Your task is to copy the stretch of lines in the records below that begins with the line containing "then (s, false)" and ends with the line containing "inbound_track_names [] s = []", exactly as written, with nothing added.

#### EXERCISE MATERIALS ####

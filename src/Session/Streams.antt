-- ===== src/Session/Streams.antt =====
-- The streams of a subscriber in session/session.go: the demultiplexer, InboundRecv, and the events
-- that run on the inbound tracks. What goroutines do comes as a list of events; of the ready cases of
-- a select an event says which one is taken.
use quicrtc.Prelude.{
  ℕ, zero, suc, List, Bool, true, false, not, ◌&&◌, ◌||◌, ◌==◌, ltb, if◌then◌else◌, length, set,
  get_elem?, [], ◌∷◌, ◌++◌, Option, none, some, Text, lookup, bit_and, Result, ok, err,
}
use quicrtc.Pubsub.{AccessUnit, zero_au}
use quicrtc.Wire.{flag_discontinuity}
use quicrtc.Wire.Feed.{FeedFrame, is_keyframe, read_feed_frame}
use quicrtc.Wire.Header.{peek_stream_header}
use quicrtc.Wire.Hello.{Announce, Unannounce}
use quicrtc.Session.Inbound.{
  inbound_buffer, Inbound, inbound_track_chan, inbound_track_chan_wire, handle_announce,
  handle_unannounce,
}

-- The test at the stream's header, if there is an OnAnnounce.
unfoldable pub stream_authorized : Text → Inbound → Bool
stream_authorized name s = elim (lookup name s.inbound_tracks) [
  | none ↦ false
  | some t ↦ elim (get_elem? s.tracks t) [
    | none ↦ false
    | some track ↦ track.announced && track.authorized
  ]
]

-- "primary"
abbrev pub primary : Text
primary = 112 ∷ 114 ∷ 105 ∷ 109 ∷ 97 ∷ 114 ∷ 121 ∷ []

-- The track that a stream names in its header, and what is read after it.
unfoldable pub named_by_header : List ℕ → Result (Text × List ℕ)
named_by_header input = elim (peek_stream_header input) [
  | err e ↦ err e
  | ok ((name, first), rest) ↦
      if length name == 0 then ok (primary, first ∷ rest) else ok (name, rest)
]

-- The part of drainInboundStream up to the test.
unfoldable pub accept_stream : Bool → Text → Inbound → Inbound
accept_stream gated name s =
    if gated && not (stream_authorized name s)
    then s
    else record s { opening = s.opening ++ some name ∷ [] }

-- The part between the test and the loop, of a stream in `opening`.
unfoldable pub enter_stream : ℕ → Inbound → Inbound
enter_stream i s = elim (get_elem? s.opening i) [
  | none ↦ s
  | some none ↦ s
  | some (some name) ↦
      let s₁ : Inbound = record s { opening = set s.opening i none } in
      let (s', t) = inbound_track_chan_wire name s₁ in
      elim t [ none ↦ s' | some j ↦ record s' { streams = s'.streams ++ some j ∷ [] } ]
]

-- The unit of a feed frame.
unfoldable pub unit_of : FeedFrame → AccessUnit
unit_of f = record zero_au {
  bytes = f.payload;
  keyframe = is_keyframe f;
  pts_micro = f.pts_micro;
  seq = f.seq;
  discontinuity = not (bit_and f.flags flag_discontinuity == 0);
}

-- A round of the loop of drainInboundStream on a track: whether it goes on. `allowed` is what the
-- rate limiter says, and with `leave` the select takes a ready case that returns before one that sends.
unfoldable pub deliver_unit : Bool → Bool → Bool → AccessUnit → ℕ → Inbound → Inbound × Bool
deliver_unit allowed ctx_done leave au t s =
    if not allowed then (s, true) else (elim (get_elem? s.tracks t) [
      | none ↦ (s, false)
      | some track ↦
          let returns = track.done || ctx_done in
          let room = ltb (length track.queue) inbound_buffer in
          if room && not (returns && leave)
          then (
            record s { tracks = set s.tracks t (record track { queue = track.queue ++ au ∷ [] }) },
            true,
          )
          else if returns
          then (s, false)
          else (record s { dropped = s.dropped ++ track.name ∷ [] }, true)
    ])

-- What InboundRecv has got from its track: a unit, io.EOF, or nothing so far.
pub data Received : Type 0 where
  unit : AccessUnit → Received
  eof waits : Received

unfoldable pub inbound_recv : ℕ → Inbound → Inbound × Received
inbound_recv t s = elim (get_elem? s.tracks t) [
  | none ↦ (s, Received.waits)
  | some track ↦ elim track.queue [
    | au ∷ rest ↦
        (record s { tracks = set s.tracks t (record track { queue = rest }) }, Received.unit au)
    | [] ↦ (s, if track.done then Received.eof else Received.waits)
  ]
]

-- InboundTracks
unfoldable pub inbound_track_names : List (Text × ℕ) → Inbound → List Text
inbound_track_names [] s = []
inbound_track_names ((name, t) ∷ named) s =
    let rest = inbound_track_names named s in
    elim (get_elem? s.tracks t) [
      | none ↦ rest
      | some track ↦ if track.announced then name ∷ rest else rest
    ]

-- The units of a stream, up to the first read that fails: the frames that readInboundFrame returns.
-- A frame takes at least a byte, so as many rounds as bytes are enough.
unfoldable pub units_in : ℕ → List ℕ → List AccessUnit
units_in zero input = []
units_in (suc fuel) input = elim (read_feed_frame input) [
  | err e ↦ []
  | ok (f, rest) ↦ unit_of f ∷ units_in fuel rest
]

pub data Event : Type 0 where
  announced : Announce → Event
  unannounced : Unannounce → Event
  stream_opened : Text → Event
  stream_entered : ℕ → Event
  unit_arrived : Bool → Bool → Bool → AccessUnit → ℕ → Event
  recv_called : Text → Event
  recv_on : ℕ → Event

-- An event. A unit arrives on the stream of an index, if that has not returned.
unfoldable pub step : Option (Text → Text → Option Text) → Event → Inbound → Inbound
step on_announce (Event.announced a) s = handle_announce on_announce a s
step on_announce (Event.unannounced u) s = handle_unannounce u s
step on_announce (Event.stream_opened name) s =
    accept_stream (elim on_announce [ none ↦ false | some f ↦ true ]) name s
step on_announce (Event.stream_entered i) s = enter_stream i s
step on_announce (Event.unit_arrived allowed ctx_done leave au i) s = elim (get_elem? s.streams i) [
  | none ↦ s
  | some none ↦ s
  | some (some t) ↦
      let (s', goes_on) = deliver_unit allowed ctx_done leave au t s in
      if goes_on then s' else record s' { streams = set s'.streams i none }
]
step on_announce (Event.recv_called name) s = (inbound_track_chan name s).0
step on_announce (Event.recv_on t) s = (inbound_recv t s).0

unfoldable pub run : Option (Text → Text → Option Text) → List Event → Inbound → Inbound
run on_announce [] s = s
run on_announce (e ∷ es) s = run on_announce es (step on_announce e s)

####
#### EXERCISE MATERIALS ####

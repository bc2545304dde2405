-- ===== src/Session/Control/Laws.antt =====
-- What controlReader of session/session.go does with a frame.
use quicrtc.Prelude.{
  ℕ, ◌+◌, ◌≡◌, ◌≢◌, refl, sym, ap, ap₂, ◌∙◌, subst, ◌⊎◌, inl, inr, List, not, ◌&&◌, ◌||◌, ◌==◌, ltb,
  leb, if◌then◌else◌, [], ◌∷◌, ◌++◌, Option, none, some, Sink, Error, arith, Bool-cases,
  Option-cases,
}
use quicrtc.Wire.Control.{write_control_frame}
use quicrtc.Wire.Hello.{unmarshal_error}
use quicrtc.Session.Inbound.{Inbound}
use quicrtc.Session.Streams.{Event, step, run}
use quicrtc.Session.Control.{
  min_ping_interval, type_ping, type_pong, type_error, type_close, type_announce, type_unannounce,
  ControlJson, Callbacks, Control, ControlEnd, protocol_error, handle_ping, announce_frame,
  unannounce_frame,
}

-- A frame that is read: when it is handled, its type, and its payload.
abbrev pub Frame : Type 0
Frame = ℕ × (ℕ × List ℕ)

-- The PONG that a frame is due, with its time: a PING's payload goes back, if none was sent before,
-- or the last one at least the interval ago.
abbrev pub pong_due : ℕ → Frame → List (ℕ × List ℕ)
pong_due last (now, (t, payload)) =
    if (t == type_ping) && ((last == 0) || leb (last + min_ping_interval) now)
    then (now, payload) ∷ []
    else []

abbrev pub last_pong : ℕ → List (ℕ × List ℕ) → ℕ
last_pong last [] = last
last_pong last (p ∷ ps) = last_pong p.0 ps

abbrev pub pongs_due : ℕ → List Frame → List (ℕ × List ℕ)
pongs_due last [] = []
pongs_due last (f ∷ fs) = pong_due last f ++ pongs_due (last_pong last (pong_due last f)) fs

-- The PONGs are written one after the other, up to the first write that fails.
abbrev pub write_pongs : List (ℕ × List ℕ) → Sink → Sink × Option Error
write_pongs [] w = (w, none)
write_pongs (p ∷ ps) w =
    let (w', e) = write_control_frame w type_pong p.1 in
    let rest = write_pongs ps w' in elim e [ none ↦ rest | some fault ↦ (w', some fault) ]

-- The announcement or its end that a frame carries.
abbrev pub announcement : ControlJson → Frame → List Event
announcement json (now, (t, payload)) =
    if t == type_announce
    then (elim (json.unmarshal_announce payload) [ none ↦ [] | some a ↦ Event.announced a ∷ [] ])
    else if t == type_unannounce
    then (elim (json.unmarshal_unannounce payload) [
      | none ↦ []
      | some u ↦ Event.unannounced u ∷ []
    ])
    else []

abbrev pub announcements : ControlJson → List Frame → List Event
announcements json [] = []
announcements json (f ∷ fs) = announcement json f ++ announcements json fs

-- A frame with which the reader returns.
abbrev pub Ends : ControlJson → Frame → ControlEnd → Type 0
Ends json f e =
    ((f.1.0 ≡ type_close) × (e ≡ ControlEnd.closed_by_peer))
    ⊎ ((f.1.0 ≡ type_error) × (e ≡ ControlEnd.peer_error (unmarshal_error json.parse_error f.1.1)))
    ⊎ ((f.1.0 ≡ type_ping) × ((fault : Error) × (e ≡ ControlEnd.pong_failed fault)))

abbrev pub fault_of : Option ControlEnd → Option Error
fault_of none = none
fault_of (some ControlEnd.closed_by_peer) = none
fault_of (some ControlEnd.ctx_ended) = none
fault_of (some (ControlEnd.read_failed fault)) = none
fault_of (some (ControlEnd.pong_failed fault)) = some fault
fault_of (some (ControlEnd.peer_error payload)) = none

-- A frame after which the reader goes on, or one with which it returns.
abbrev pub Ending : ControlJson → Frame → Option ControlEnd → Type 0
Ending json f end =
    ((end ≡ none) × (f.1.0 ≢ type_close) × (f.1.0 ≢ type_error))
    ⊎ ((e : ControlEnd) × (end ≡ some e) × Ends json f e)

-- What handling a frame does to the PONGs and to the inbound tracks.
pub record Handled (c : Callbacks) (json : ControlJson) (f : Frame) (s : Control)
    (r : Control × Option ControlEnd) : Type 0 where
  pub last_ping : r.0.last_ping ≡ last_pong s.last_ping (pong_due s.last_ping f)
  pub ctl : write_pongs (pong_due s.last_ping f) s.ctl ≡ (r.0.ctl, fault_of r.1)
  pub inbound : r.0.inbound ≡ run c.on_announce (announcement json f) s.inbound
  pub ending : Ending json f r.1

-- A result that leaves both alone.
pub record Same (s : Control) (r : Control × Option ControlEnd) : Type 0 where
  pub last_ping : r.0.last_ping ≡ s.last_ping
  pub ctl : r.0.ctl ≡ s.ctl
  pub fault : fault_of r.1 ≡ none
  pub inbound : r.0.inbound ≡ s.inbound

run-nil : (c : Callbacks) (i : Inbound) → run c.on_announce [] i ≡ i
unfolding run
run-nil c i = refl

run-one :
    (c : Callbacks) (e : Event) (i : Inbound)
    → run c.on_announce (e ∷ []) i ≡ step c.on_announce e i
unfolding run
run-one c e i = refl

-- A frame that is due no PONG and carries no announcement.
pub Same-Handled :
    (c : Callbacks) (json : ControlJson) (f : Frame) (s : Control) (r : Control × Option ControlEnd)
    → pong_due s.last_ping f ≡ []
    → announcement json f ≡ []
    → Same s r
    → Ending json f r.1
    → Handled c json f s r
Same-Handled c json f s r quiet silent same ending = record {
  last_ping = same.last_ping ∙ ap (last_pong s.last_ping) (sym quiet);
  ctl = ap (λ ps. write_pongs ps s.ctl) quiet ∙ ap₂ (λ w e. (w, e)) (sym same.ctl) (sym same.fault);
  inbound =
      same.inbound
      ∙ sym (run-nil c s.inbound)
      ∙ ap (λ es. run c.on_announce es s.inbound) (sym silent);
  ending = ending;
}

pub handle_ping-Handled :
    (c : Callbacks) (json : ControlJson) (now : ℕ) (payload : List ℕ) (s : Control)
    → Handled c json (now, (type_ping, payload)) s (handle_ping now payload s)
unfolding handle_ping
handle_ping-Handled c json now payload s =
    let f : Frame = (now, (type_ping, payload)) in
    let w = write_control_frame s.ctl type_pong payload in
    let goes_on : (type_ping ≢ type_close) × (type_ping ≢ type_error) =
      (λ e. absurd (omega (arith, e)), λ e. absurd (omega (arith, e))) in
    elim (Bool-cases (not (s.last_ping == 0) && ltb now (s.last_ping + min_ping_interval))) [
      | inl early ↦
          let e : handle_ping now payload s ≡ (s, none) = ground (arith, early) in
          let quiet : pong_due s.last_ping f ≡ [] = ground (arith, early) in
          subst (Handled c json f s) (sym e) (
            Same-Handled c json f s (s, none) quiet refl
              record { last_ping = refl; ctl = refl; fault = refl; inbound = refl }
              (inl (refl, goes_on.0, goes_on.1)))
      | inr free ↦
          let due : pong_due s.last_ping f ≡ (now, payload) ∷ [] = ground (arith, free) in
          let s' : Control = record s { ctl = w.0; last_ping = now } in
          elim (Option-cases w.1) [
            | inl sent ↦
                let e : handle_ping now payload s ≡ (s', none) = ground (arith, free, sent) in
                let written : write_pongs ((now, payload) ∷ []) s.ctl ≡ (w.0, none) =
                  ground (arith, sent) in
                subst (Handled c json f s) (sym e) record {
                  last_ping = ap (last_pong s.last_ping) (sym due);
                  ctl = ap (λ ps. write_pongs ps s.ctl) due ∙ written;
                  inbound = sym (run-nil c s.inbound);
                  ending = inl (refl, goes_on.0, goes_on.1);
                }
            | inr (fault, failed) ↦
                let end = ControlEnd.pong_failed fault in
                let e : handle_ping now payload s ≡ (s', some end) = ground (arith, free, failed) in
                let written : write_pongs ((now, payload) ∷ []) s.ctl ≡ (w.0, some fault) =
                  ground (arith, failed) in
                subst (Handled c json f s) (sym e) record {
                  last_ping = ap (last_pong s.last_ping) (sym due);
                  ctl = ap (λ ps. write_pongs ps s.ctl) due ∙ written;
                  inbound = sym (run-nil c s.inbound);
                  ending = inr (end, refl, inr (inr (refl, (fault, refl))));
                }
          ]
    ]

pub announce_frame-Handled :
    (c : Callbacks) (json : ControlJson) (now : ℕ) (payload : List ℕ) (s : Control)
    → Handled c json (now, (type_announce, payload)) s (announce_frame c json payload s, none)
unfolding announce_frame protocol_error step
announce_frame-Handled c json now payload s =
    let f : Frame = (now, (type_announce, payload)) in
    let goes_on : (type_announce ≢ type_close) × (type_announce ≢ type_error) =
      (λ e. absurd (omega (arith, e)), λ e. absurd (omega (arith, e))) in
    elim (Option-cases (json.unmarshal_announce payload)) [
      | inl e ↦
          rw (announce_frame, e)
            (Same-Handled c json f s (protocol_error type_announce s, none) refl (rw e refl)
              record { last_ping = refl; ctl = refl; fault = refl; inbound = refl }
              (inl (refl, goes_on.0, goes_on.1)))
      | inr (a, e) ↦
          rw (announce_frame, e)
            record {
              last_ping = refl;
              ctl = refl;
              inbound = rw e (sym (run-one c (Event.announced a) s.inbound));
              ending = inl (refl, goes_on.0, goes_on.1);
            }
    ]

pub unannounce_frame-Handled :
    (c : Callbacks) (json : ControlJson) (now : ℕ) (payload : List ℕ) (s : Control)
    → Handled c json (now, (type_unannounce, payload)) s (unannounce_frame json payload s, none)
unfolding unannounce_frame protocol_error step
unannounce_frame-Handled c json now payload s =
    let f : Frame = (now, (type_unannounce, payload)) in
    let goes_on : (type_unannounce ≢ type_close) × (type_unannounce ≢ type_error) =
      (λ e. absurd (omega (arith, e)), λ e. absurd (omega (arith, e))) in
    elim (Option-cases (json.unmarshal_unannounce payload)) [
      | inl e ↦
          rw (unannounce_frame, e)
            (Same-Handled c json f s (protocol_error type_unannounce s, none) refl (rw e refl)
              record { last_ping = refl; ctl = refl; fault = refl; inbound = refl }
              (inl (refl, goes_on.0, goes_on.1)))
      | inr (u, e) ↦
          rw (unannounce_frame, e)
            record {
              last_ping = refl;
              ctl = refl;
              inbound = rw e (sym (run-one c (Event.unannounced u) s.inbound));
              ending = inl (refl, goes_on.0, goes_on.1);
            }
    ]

####
#### EXERCISE MATERIALS ####

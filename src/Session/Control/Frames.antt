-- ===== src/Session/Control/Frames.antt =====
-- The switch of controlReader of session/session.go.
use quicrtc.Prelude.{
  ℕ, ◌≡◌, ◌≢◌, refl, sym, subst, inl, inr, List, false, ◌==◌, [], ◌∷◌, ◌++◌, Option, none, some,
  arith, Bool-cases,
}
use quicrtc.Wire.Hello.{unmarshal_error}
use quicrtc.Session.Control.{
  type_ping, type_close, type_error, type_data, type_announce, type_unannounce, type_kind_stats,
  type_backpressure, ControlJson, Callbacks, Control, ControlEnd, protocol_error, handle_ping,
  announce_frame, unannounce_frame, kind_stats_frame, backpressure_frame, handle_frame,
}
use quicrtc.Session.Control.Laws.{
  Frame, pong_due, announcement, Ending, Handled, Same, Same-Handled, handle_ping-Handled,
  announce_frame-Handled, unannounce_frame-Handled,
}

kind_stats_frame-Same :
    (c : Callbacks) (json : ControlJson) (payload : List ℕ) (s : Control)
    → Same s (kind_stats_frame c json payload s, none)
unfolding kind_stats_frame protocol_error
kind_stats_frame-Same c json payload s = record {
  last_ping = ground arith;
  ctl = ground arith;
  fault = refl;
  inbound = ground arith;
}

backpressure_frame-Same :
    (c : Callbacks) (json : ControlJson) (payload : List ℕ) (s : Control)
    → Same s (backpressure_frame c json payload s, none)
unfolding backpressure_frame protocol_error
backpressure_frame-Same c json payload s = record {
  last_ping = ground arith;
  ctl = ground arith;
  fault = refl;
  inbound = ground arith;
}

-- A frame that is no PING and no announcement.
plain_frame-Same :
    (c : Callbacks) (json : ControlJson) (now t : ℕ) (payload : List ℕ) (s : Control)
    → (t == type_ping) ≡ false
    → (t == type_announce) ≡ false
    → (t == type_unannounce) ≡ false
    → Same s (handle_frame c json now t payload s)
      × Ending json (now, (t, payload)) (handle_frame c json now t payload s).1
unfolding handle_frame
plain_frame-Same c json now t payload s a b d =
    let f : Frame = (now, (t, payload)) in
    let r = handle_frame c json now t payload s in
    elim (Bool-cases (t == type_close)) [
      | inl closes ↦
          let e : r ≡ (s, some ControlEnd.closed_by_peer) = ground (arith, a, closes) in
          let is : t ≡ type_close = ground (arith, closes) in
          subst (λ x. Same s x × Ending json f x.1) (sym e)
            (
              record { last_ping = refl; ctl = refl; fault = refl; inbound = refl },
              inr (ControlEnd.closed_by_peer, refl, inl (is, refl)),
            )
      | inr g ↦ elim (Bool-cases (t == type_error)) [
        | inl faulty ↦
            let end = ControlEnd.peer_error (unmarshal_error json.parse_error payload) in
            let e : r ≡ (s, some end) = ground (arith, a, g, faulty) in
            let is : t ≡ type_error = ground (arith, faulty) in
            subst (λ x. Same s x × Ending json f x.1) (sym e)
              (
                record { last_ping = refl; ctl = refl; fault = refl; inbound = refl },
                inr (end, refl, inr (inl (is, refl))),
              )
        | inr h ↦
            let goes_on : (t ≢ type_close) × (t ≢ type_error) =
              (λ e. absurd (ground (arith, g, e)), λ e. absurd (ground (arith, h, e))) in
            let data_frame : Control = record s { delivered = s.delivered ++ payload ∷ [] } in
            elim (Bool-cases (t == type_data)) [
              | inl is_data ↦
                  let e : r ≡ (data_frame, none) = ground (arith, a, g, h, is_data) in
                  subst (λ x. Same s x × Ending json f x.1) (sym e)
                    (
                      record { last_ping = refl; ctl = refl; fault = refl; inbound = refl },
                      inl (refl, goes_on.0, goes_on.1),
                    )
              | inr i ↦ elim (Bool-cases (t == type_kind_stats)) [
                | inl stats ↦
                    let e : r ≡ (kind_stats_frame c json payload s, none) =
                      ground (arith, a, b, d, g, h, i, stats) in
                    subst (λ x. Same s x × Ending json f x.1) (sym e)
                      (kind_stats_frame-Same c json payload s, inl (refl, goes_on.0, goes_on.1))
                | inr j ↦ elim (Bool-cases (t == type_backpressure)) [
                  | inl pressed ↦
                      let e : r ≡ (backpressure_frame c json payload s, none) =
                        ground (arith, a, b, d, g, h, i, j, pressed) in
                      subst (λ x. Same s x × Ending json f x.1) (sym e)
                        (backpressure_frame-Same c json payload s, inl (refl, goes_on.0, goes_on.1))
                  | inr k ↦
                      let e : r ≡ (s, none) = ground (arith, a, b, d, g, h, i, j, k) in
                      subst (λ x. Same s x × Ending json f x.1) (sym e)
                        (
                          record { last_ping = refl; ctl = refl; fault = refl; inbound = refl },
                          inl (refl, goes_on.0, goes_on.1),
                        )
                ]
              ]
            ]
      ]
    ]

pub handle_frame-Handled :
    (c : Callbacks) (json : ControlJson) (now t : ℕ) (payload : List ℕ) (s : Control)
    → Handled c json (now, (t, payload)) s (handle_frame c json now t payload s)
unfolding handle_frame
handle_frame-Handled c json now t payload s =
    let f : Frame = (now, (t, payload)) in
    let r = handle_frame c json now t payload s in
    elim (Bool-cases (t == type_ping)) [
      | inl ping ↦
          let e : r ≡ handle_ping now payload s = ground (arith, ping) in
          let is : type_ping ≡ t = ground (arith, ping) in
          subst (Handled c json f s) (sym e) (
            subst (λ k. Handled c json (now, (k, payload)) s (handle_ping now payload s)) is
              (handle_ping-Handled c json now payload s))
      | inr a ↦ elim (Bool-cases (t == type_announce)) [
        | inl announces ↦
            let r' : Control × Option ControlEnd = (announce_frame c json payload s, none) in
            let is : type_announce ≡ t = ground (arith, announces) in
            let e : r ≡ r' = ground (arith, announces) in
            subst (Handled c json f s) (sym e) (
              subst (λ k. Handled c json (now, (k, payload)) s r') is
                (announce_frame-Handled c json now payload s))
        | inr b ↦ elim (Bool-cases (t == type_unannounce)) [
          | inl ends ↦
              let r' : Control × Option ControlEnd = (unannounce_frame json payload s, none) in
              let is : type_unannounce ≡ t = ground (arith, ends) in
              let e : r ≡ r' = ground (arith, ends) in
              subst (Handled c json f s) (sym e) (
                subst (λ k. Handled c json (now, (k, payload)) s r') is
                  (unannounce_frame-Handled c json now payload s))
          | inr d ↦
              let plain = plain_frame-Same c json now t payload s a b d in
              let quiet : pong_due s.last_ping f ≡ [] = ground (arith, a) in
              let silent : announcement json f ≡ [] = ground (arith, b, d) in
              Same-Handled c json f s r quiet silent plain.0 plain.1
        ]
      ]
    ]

####

RESPONSE BOX —
          then (s, false)
          else (record s { dropped = s.dropped ++ track.name ∷ [] }, true)
    ])

-- What InboundRecv has got from its track: a unit, io.EOF, or nothing so far.
pub data Received : Type 0 where
  unit : AccessUnit → Received
  eof waits : Received

unfoldable pub inbound_recv : ℕ → Inbound → Inbound × Received
inbound_recv t s = elim (get_elem? s.tracks t) [
  | none ↦ (s, Received.waits)
  | some track ↦ elim track.queue [
    | au ∷ rest ↦
        (record s { tracks = set s.tracks t (record track { queue = rest }) }, Received.unit au)
    | [] ↦ (s, if track.done then Received.eof else Received.waits)
  ]
]

-- InboundTracks
unfoldable pub inbound_track_names : List (Text × ℕ) → Inbound → List Text
inbound_track_names [] s = []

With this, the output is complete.